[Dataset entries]

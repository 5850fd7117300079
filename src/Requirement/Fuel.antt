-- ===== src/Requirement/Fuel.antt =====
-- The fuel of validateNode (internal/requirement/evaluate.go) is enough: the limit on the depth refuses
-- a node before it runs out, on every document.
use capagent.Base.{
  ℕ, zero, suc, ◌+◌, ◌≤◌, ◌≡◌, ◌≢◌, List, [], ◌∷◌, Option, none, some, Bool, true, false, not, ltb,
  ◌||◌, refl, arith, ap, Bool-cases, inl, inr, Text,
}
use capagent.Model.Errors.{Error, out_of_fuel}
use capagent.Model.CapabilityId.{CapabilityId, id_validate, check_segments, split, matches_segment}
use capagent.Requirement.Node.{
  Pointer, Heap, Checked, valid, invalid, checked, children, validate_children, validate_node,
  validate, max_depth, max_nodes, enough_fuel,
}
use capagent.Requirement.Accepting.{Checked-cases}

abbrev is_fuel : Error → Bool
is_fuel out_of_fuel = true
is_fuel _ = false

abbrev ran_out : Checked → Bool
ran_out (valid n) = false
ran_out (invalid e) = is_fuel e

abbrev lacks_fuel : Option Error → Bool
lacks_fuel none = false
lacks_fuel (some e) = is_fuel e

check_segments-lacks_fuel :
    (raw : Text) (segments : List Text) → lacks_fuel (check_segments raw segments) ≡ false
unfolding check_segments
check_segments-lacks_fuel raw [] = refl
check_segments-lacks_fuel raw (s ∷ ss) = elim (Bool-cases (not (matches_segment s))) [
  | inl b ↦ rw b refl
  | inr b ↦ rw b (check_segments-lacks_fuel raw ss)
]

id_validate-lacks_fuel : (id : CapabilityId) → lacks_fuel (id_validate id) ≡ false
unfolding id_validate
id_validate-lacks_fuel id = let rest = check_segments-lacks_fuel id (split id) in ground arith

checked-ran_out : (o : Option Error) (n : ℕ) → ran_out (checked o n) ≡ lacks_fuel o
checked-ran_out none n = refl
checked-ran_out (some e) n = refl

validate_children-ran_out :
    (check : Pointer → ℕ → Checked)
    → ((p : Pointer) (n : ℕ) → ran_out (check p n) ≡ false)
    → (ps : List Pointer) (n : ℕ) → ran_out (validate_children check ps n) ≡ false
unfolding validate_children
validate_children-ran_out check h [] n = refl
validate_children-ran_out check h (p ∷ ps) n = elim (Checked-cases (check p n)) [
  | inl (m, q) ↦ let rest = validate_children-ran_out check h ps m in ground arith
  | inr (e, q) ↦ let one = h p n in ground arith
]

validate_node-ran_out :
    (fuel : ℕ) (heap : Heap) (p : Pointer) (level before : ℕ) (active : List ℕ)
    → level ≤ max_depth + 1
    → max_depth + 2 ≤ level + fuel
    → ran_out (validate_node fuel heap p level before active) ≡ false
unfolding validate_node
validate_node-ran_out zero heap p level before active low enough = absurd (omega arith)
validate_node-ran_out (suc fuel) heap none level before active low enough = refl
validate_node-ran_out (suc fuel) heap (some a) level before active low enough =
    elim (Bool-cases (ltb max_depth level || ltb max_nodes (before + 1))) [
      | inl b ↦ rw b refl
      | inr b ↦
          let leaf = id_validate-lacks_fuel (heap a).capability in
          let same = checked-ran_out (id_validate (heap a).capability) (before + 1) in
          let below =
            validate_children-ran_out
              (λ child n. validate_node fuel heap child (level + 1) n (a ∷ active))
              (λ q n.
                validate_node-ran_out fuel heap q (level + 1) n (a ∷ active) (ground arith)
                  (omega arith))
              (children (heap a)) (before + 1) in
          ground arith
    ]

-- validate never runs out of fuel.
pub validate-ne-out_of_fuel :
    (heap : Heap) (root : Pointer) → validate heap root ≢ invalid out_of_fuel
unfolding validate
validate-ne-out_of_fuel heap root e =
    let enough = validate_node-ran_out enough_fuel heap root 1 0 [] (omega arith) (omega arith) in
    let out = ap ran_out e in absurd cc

• _EXERCISE GOAL_
For the records above, tally the lines in which "CapabilityId" appears, and give the number by itself.

• _EXERCISE OUTPUT_
2